HIV: There are many reasons that a vaccine has proven so difficult to develop. HIV represents a unique challenge: our body can eliminate most acute viral infections. In contrast, our natural immune system does not destroy HIV. In fact, HIV infection results in the production of large amounts of virus, even in the presence of killer T cells and antibody. In developing a vaccine, we are faced with the challenge of trying to elicit an immune response that does not exist in nature. Therefore, we don’t know exactly what type of immune response a vaccine should develop. In addition, HIV virus mutates at a high rate and allows it to escape destruction by the immune system.
A note about Polio Eradication in India
Thankfully India has been declared Polio free for two years thanks to a very strong initiative, but there are still countries that struggle with its eradication.
Polio is a highly infectious disease caused by a virus. It invades the nervous system, and can cause total paralysis in a matter of hours. The virus enters the body through the mouth and multiplies in the intestine. Initial symptoms are fever, fatigue, headache, vomiting, stiffness in the neck and pain in the limbs. One in 200 infections leads to irreversible paralysis (usually in the legs). Among those paralyzed, 5% to 10% die when their breathing muscles become immobilized. Polio mainly affects children under five years of age.
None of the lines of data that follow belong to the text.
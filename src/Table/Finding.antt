-- ===== src/Table/Finding.antt =====
-- The search for a key, at its two positions and in the stash (`coucal_fetch_value_hashes`).
use coucal.Base.{
  ℕ, zero, suc, ◌+◌, ◌<◌, ◌≡◌, refl, ap, subst, sym, ◌∙◌, inl, inr, Bool, true, false, none, some,
  List, [], ◌∷◌, length, get_or, ◌==◌, ltb, ltb→lt, Bool-cases, Option-cases, arith,
}
use coucal.Keys.Laws.{KeyLaws}
use coucal.Keys.{calc_hashes, matches, key_text}
use coucal.State.{Item, null_item, Name, Hashkeys, Coucal}
use coucal.Table.Entries.{mass, total, one_if, mass-le-total, total-eq-zero, total_of_no_live}
use coucal.Table.Layout.{weight}
use coucal.Table.Position.{hash_to_pos_at-lt}
use coucal.Table.Valid.{Valid, entry_of, misfiled, matches-entry_of}
use coucal.Table.{
  hash_to_pos, get_item, get_stash, Slot, in_table, in_stash, item_at, find_in_stash, search_stash,
}

module _ (c : Coucal) (name : Name) (hashes : Hashkeys) where
  find_in_stash-some :
      (n : ℕ) (items : List Item) (i j : ℕ)
      → find_in_stash c name hashes n items i ≡ some j
      → (d : ℕ) × (j ≡ i + d) × (d < n) × (matches c (get_or items d null_item) name hashes ≡ true)
  unfolding find_in_stash
  find_in_stash-some zero items i j h = cc
  find_in_stash-some (suc n) [] i j h = cc
  find_in_stash-some (suc n) (x ∷ items) i j h = elim (Bool-cases (matches c x name hashes)) [
    | inl e ↦ (0, ground arith, omega arith, e)
    | inr e ↦
        let (d, at, lt, m) = find_in_stash-some n items (i + 1) j (rw e at h) in
        (suc d, omega arith, omega arith, m)
  ]

  find_in_stash-none :
      (n : ℕ) (items : List Item) (i j : ℕ)
      → find_in_stash c name hashes n items i ≡ none
      → j < n
      → matches c (get_or items j null_item) name hashes ≡ false
  unfolding find_in_stash matches
  find_in_stash-none zero items i j h lt = absurd (omega arith)
  find_in_stash-none (suc n) [] i j h lt = refl
  find_in_stash-none (suc n) (x ∷ items) i zero h lt = ground arith
  find_in_stash-none (suc n) (x ∷ items) i (suc j) h lt =
      ground (arith, find_in_stash-none n items (i + 1) j)

-- Where an entry stands that the search may name.
pub data Inside (c : Coucal) : Slot → Type 0 where
  inside_table : (pos : ℕ) → pos < length c.items → Inside c (in_table pos)
  inside_stash : (i : ℕ) → i < c.stash.extent → Inside c (in_stash i)

pub record Found (c : Coucal) (name : Name) (at : Slot) : Type 0 where
  pub inside : Inside c at
  pub entry : entry_of c (key_text c name) (item_at c at) ≡ true

abbrev pub match_at : Coucal → Name → ℕ → Bool
match_at c name hash = matches c (get_item c (hash_to_pos c hash)) name (calc_hashes c name)

-- The four ways in which a search can go.
pub data Search (c : Coucal) (name : Name) : Type 0 where
  at_first :
      match_at c name (calc_hashes c name).hash1 ≡ true
      → Found c name (in_table (hash_to_pos c (calc_hashes c name).hash1))
      → Search c name
  at_second :
      match_at c name (calc_hashes c name).hash1 ≡ false
      → match_at c name (calc_hashes c name).hash2 ≡ true
      → Found c name (in_table (hash_to_pos c (calc_hashes c name).hash2))
      → Search c name
  stashed :
      match_at c name (calc_hashes c name).hash1 ≡ false
      → match_at c name (calc_hashes c name).hash2 ≡ false
      → (i : ℕ) → search_stash c name (calc_hashes c name) ≡ some i
      → Found c name (in_stash i)
      → Search c name
  absent :
      match_at c name (calc_hashes c name).hash1 ≡ false
      → match_at c name (calc_hashes c name).hash2 ≡ false
      → search_stash c name (calc_hashes c name) ≡ none
      → weight (λ item. one_if (entry_of c (key_text c name) item)) c ≡ 0
      → Search c name

true_ne_false : true ≡ false → ⊥
true_ne_false e = cc

matches-hashes :
    (c : Coucal) (name : Name) (hs : Hashkeys) (item : Item)
    → matches c item name hs ≡ true
    → (item.hashes.hash1 ≡ hs.hash1) × (item.hashes.hash2 ≡ hs.hash2)
unfolding matches
matches-hashes c name hs item m = ground arith

module _ (c : Coucal) (name : Name) (laws : KeyLaws c.custom.key) (v : Valid c) where
  hashes : Hashkeys
  hashes = calc_hashes c name

  k : List ℕ
  k = key_text c name

  of_k : Item → ℕ
  of_k item = one_if (entry_of c k item)

  filed_in_table : (i : ℕ) → mass (misfiled c) (get_item c i) ≡ 0
  filed_in_table i = omega (arith, v.hashed, mass-le-total (misfiled c) c.items i)

  filed_in_stash : (i : ℕ) → mass (misfiled c) (get_stash c i) ≡ 0
  filed_in_stash i = omega (arith, v.hashed, mass-le-total (misfiled c) c.stash.items i)

  in_range : (hash : ℕ) → hash_to_pos c hash < length c.items
  unfolding hash_to_pos
  in_range hash = omega (arith, hash_to_pos_at-lt c.lg_size hash v.layout.lg_high, v.layout.width)

  Found-in_table :
      (hash : ℕ) → match_at c name hash ≡ true → Found c name (in_table (hash_to_pos c hash))
  Found-in_table hash e = record {
    inside = inside_table _ (in_range hash);
    entry = sym (matches-entry_of c name _ laws (filed_in_table _)) ∙ e;
  }

  -- An entry of the key in the table stands at one of the two positions.
  not_in_table :
      match_at c name hashes.hash1 ≡ false
      → match_at c name hashes.hash2 ≡ false
      → (i : ℕ) → mass of_k (get_item c i) ≡ 0
  unfolding hashes of_k k hash_to_pos
  not_in_table e1 e2 i = elim (Bool-cases (entry_of c k (get_item c i))) [
    | inr other ↦ ground arith
    | inl entry ↦
        let m = matches-entry_of c name (get_item c i) laws (filed_in_table i) ∙ entry in
        let (h1, h2) = matches-hashes c name hashes (get_item c i) m in
        let at = λ (p : ℕ). matches c (get_item c p) name hashes in
        elim (v.layout.home i) [
          | inl free ↦ ground arith
          | inr (inl p1) ↦
              let here : hash_to_pos c hashes.hash1 ≡ i = ap (hash_to_pos c) (sym h1) ∙ p1 in
              absurd (true_ne_false (sym m ∙ ap at (sym here) ∙ e1))
          | inr (inr p2) ↦
              let here : hash_to_pos c hashes.hash2 ≡ i = ap (hash_to_pos c) (sym h2) ∙ p2 in
              absurd (true_ne_false (sym m ∙ ap at (sym here) ∙ e2))
        ]
  ]

  no_entry : (item : Item) → entry_of c k item ≡ false → mass of_k item ≡ 0
  unfolding of_k
  no_entry item e = ground arith

  -- Nor is there one in the stash, if its loop finds none.
  not_in_stash : search_stash c name hashes ≡ none → total of_k c.stash.items ≡ 0
  unfolding search_stash hashes k
  not_in_stash e = elim (Bool-cases (c.stash.size == 0)) [
    | inl empty ↦ total_of_no_live of_k c.stash.items (ground (arith, v.layout.stash_live))
    | inr some_there ↦ total-eq-zero of_k c.stash.items (λ i _. slot i (rw some_there at e))
  ]
    where
      slot :
          (i : ℕ)
          → find_in_stash c name hashes c.stash.extent c.stash.items 0 ≡ none
          → mass of_k (get_stash c i) ≡ 0
      slot i e' = elim (Bool-cases (ltb i c.stash.extent)) [
        | inl below ↦
            let m =
              find_in_stash-none c name hashes c.stash.extent c.stash.items 0 i e'
                (ltb→lt _ _ below) in
            no_entry (get_stash c i)
              (sym (matches-entry_of c name (get_stash c i) laws (filed_in_stash i)) ∙ m)
        | inr above ↦ let free = v.layout.stash_clear i (ground arith) in ground arith
      ]

  Found-in_stash : (i : ℕ) → search_stash c name hashes ≡ some i → Found c name (in_stash i)
  unfolding search_stash hashes k
  Found-in_stash i e = elim (Bool-cases (c.stash.size == 0)) [
    | inl empty ↦ let none_found : none ≡ some i = rw empty at e in cc
    | inr some_there ↦
        let (d, at, lt, m) =
          find_in_stash-some c name hashes c.stash.extent c.stash.items 0 i (rw some_there at e) in
        let same : i ≡ d = omega arith in
        record {
          inside = inside_stash i (omega arith);
          entry =
              sym (matches-entry_of c name (get_stash c i) laws (filed_in_stash i))
              ∙ subst (λ j. matches c (get_stash c j) name hashes ≡ true) (sym same) m;
        }
  ]

  -- The search names an entry of the key if there is one, and otherwise there is none.
  pub search_lem : Search c name
  unfolding hashes k of_k
  search_lem = elim (Bool-cases (match_at c name hashes.hash1)) [
    | inl e1 ↦ at_first e1 (Found-in_table hashes.hash1 e1)
    | inr e1 ↦ elim (Bool-cases (match_at c name hashes.hash2)) [
      | inl e2 ↦ at_second e1 e2 (Found-in_table hashes.hash2 e2)
      | inr e2 ↦ elim (Option-cases (search_stash c name hashes)) [
        | inr (i, e3) ↦ stashed e1 e2 i e3 (Found-in_stash i e3)
        | inl e3 ↦
            let in_table = total-eq-zero of_k c.items (λ i _. not_in_table e1 e2 i) in
            absent e1 e2 e3 (omega (arith, in_table, not_in_stash e3))
      ]
    ]
  ]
Treatment: There is no cure for polio, it can only be prevented. Polio vaccine, given multiple times, can protect a child for life.
Books: A very popular book about Polio is not about it’s worldwide impact but its effect on America in Polio: An American Story by David M. Oshinsky.
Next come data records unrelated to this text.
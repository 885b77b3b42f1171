-- ===== src/Table/Reading.antt =====
-- Lookups (`coucal_fetch_value`) against the abstract view.
use coucal.Base.{◌⊎◌, inl, inr, ℕ, ◌≤◌, ◌≡◌, ap, sym, ◌∙◌, Option, none, some, arith}
use coucal.Keys.Laws.{KeyLaws}
use coucal.Keys.{key_text}
use coucal.State.{Item, Name, Coucal}
use coucal.Table.Entries.{
  mass, total, one_if, and_value, value_of, mass-le-total, total-append, first-eq-none,
  first_of_hits,
}
use coucal.Table.Finding.{Found, Search, at_first, at_second, stashed, absent, search_lem}
use coucal.Table.Layout.{weight}
use coucal.Table.Valid.{Valid, entry_of}
use coucal.Table.View.{entries, view}
use coucal.Table.{Slot, in_table, in_stash, item_at, fetch_value, fetch_value_hashes}

pub weight-entries : (f : Item → ℕ) (c : Coucal) → total f (entries c) ≡ weight f c
weight-entries f c = total-append f c.items c.stash.items

-- A slot weighs no more than the table.
pub mass-le-weight : (f : Item → ℕ) (c : Coucal) (at : Slot) → mass f (item_at c at) ≤ weight f c
mass-le-weight f c (in_table pos) = omega (arith, mass-le-total f c.items pos)
mass-le-weight f c (in_stash i) = omega (arith, mass-le-total f c.stash.items i)

abbrev pub value_at : Coucal → Option Slot → Option ℕ
value_at c none = none
value_at c (some at) = some (item_at c at).value

module _ (c : Coucal) (name : Name) (v : Valid c) where
  pub Found-value :
      (at : Slot) → Found c name at → view c (key_text c name) ≡ some (item_at c at).value
  unfolding view
  Found-value at here =
      let item = item_at c at in
      let p = entry_of c (key_text c name) in
      let own : mass (λ i. one_if (and_value p item.value i)) item ≡ 1 =
        ground (arith, here.entry) in
      first_of_hits p (entries c) item.value
        (omega (arith, weight-entries (λ i. one_if (p i)) c, v.once (key_text c name)))
        (omega (
          arith,
          own,
          mass-le-weight (λ i. one_if (and_value p item.value i)) c at,
          weight-entries (λ i. one_if (and_value p item.value i)) c,
        ))

  pub absent_value :
      weight (λ item. one_if (entry_of c (key_text c name) item)) c ≡ 0
      → view c (key_text c name) ≡ none
  unfolding view
  absent_value e =
      let p = entry_of c (key_text c name) in
      ap value_of (first-eq-none p (entries c) (weight-entries (λ i. one_if (p i)) c ∙ e))

  -- In a valid table whose handlers keep the laws of keys, `coucal_fetch_value` finds the value that
  -- the key has in the view of the table, wherever its entry stands, and nothing just when the key
  -- has none.
  pub fetch_value-view :
      KeyLaws c.custom.key → value_at c (fetch_value c name) ≡ view c (key_text c name)
  unfolding fetch_value fetch_value_hashes
  fetch_value-view laws = go (search_lem c name laws v)
    where
      go : Search c name → value_at c (fetch_value c name) ≡ view c (key_text c name)
      go (at_first e1 here) = rw e1 (sym (Found-value _ here))
      go (at_second e1 e2 here) = rw (e1, e2) (sym (Found-value _ here))
      go (stashed e1 e2 i e3 here) = rw (e1, e2, e3) (sym (Found-value _ here))
      go (absent e1 e2 e3 none_there) = rw (e1, e2, e3) (sym (absent_value none_there))

  -- The same by the slot.
  pub fetch_value-cases :
      KeyLaws c.custom.key
      → ((at : Slot) × (fetch_value c name ≡ some at) × Found c name at)
        ⊎ ((fetch_value c name ≡ none) × (view c (key_text c name) ≡ none))
  unfolding fetch_value fetch_value_hashes
  fetch_value-cases laws = go (search_lem c name laws v)
    where
      go :
          Search c name
          → ((at : Slot) × (fetch_value c name ≡ some at) × Found c name at)
            ⊎ ((fetch_value c name ≡ none) × (view c (key_text c name) ≡ none))
      go (at_first e1 here) = inl (_, rw e1, here)
      go (at_second e1 e2 here) = inl (_, rw (e1, e2), here)
      go (stashed e1 e2 i e3 here) = inl (_, rw (e1, e2, e3), here)
      go (absent e1 e2 e3 none_there) = inr (rw (e1, e2, e3), absent_value none_there)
You may also check out Splendid Solution: Jonas Salk and the Conquest of Polio
Famous Scientists: Jonas Salk and Albert Sabin both made great strides towards the development of the polio vaccine. Their feud was famous as to whether a live of killed virus was the best way to inoculate against polio.
If we were able to eradicate smallpox and are on our way to eradicating polio, why can’t we do this with every disease?
We were able to eradicate smallpox because its virulence was specific to humans only. If enough people are vaccinated, there will not enough of a threshold level of hosts (us) to sustain the pathogen. Once vaccination strategies can be implemented more forcefully in areas that still have polio, it can be eradicated fully.
Diseases caused by organisms that live in the environment, like Clostridium tetani, which causes tetanus, could never be eradicated, even though we have an effective vaccine unless we were able to eliminate all Clostridium tetani from the planet. Not easily done.
Any disease that is zoonotic, meaning, can jump from animal to animal to human and back again will never be eradicated. If you want to learn about zoonotic diseases like Ebola, hantavirus, influenza and more, I HIGHLY recommend Spillover: Animal Infections and the Next Human Pandemic by David Quammen.
An excellent source about everything vaccine related is at the CDC 2012 Epidemiology & Prevention of Vaccine-Preventable Diseases
A great educational site explaining vaccines in complete details is A History of Vaccines by the College of Physicians in Philadelphia. It has games, interactive timelines, videos and more. I highly recommend this site!